— Recorded information —
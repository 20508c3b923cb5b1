-- ===== src/Service/Tasks.antt =====
-- EnclaveService._handle_task_request of enclave/main.py. The frames of the events that it streams to a
-- writer meanwhile are left out: it writes what is queued before the task of that loop is cancelled.
pub mod Laws
use agentic_ai_tee.Base.{
  ℕ, Bool, Option, none, some, List, [], ◌∷◌, reverse, if◌then◌else◌, is_empty, length, pos, Text,
  codes, strip, Value, Fields, none_value, bool, int, str, dict, end, field,
}
use agentic_ai_tee.Base.Result.{Result, ok, err}
use agentic_ai_tee.Base.Optional.{◌>>=◌}
use agentic_ai_tee.Agent.Models.{StepResult, TaskRequest, TaskResult}
use agentic_ai_tee.Agent.Controller.State.{Controller}
use agentic_ai_tee.Agent.Controller.Loop.{run_task}
use agentic_ai_tee.Memory.StateDb.{
  Db, DbError, create_task, complete_task, record_step, unique_failed,
}
use agentic_ai_tee.Tools.Router.{Format}
use agentic_ai_tee.Vsock.Protocol.{MessageFrame}
use agentic_ai_tee.Service.State.{Config, State, text_or, number_or, count_of}

-- What the handler takes from outside: numbers of a payload as millionths of a dollar and as
-- milliseconds, and those as values of a reply; `json.dumps`; the PCR values of a fresh attestation
-- document for some user data; and the hex of the enclave's detached signature of a text.
pub record Outside : Type 0 where
  pub usd_of : Value → Option ℕ
  pub ms_of : Value → Option ℕ
  pub usd : ℕ → Value
  pub seconds : ℕ → Value
  pub dumps : Fields → Text
  pub document_pcrs : Option Text → Fields
  pub sign : Text → Text
  -- the message of what is raised on a payload of another form
  pub unreadable : Text

-- The readings of the clock: when the task is created, completed, and each step recorded; and how long
-- the task took.
pub record Times : Type 0 where
  pub created : ℕ
  pub completed : ℕ
  pub recorded : StepResult → ℕ
  pub elapsed : ℕ

module _ (O : Outside) where
  -- `TaskRequest(…)` from the payload
  unfoldable pub task_of : Config → Value → Option TaskRequest
  task_of config (dict payload) = do
    task_id ← text_or payload (codes "task_id") []
    user_id ← text_or payload (codes "user_id") (codes "anonymous")
    description ← text_or payload (codes "description") []
    max_steps ← number_or count_of payload (codes "max_steps") config.default_max_steps
    budget ← number_or O.usd_of payload (codes "budget_usd") config.default_budget
    timeout ← number_or O.ms_of payload (codes "timeout_seconds") config.default_timeout
    some (record {
      description = description;
      task_id = task_id;
      user_id = user_id;
      budget_usd = budget;
      max_steps = max_steps;
      timeout_ms = timeout;
      tool_allowlist = none;
      domain_allowlist = none;
    })
  task_of config _ = none

-- the last response of the steps with text, stripped; `steps` is reversed
unfoldable pub last_text : List StepResult → Text
last_text [] = []
last_text (s ∷ ss) =
    let rest = last_text ss in
    if is_empty (strip s.llm_response) then rest else strip s.llm_response

-- `response_text`: the summary stands in where no step has text, but not where there is no step.
unfoldable pub reply_of : TaskResult → Text
reply_of result =
    if is_empty result.steps
    then []
    else if is_empty (last_text (reverse result.steps))
    then result.summary
    else last_text (reverse result.steps)

abbrev pub text_or_none : Option Text → Value
text_or_none none = none_value
text_or_none (some t) = str t

abbrev pub text_or_no_data : Text → Option Text
text_or_no_data t = if is_empty t then none else some t

module _ (O : Outside) where
  -- `receipt`
  unfoldable pub receipt : TaskResult → Fields
  receipt result = field (codes "task_id") (str result.task_id) (
      field (codes "task_hash") (str result.attestation_hash) (
        field (codes "pcrs") (dict (O.document_pcrs (text_or_no_data result.attestation_hash)))
          (field (codes "signature") (str (O.sign result.attestation_hash)) end)))

  unfoldable pub result_payload : ℕ → TaskResult → Fields
  result_payload elapsed result = field (codes "task_id") (str result.task_id) (
      field (codes "success") (bool result.success) (
        field (codes "summary") (str result.summary) (
          field (codes "response") (str (reply_of result)) (
            field (codes "total_cost_usd") (O.usd result.total_cost_usd) (
              field (codes "elapsed_seconds") (O.seconds elapsed) (
                field (codes "steps_count") (int (pos (length result.steps))) (
                  field (codes "error") (text_or_none result.error)
                    (field (codes "attestation") (dict (receipt result)) end))))))))

  unfoldable pub result_frame : Value → ℕ → TaskResult → MessageFrame
  result_frame request_id elapsed result = record {
    msg_type = str (codes "task_result");
    payload = dict (result_payload elapsed result);
    request_id = request_id;
  }

unfoldable pub empty_description : Value → MessageFrame
empty_description request_id = record {
  msg_type = str (codes "task_error");
  payload = dict (field (codes "error") (str (codes "Empty task description")) end);
  request_id = request_id;
}

module _ (O : Outside) (F : Format) where
  -- `for step in result.steps: await self.state_db.record_step(task.task_id, step)`
  unfoldable pub record_steps : Text → (StepResult → ℕ) → List StepResult → Db → Db
  record_steps task_id recorded [] db = db
  record_steps task_id recorded (s ∷ ss) db =
      record_steps task_id recorded ss (record_step F.str_value O.dumps task_id s (recorded s) db)

module _ (O : Outside) (F : Format) (sha3 : Text → Text) {L W : Type 0} (C : Controller L W)
    (system_prompt : TaskRequest → Text) (times : Times) where
  -- The handler behind `create_task`: the run, its records, and the reply.
  unfoldable pub run_and_record : Value → TaskRequest → State L W → Db → MessageFrame × State L W
  run_and_record request_id task s db =
      let (result, r) = run_task F sha3 C task (system_prompt task) s.events s.llm_state s.world in
      (
        result_frame O request_id times.elapsed result,
        record s {
          db =
              record_steps O F task.task_id times.recorded result.steps
                (complete_task result times.elapsed times.completed db);
          events = r.events;
          llm_state = r.llm_state;
          world = r.world;
        },
      )

  -- What the database says of the new task.
  unfoldable pub run_created :
      Value
      → TaskRequest
      → State L W
      → Result DbError Db
      → Result Text (Option MessageFrame) × State L W
  run_created request_id task s (err e) = (err (unique_failed e), s)
  run_created request_id task s (ok db) =
      let (frame, s') = run_and_record request_id task s db in (ok (some frame), s')

  unfoldable pub accept :
      Value → Option TaskRequest → State L W → Result Text (Option MessageFrame) × State L W
  accept request_id none s = (err O.unreadable, s)
  accept request_id (some task) s =
      if is_empty task.description
      then (ok (some (empty_description request_id)), s)
      else run_created request_id task s (create_task task times.created s.db)

  unfoldable pub handle_task_request :
      MessageFrame → State L W → Result Text (Option MessageFrame) × State L W
  handle_task_request msg s = accept msg.request_id (task_of O s.config msg.payload) s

— What to produce —
Give back exactly the lines of the listing, starting with the first and ending with the one bearing "-- document for". Add no other lines.

— Answer —
repository 20508c3b923cb5b1
-- ===== src/Service/Tasks.antt =====
-- EnclaveService._handle_task_request of enclave/main.py. The frames of the events that it streams to a
-- writer meanwhile are left out: it writes what is queued before the task of that loop is cancelled.
pub mod Laws
use agentic_ai_tee.Base.{
  ℕ, Bool, Option, none, some, List, [], ◌∷◌, reverse, if◌then◌else◌, is_empty, length, pos, Text,
  codes, strip, Value, Fields, none_value, bool, int, str, dict, end, field,
}
use agentic_ai_tee.Base.Result.{Result, ok, err}
use agentic_ai_tee.Base.Optional.{◌>>=◌}
use agentic_ai_tee.Agent.Models.{StepResult, TaskRequest, TaskResult}
use agentic_ai_tee.Agent.Controller.State.{Controller}
use agentic_ai_tee.Agent.Controller.Loop.{run_task}
use agentic_ai_tee.Memory.StateDb.{
  Db, DbError, create_task, complete_task, record_step, unique_failed,
}
use agentic_ai_tee.Tools.Router.{Format}
use agentic_ai_tee.Vsock.Protocol.{MessageFrame}
use agentic_ai_tee.Service.State.{Config, State, text_or, number_or, count_of}

-- What the handler takes from outside: numbers of a payload as millionths of a dollar and as
-- milliseconds, and those as values of a reply; `json.dumps`; the PCR values of a fresh attestation
-- document for some user data; and the hex of the enclave's detached signature of a text.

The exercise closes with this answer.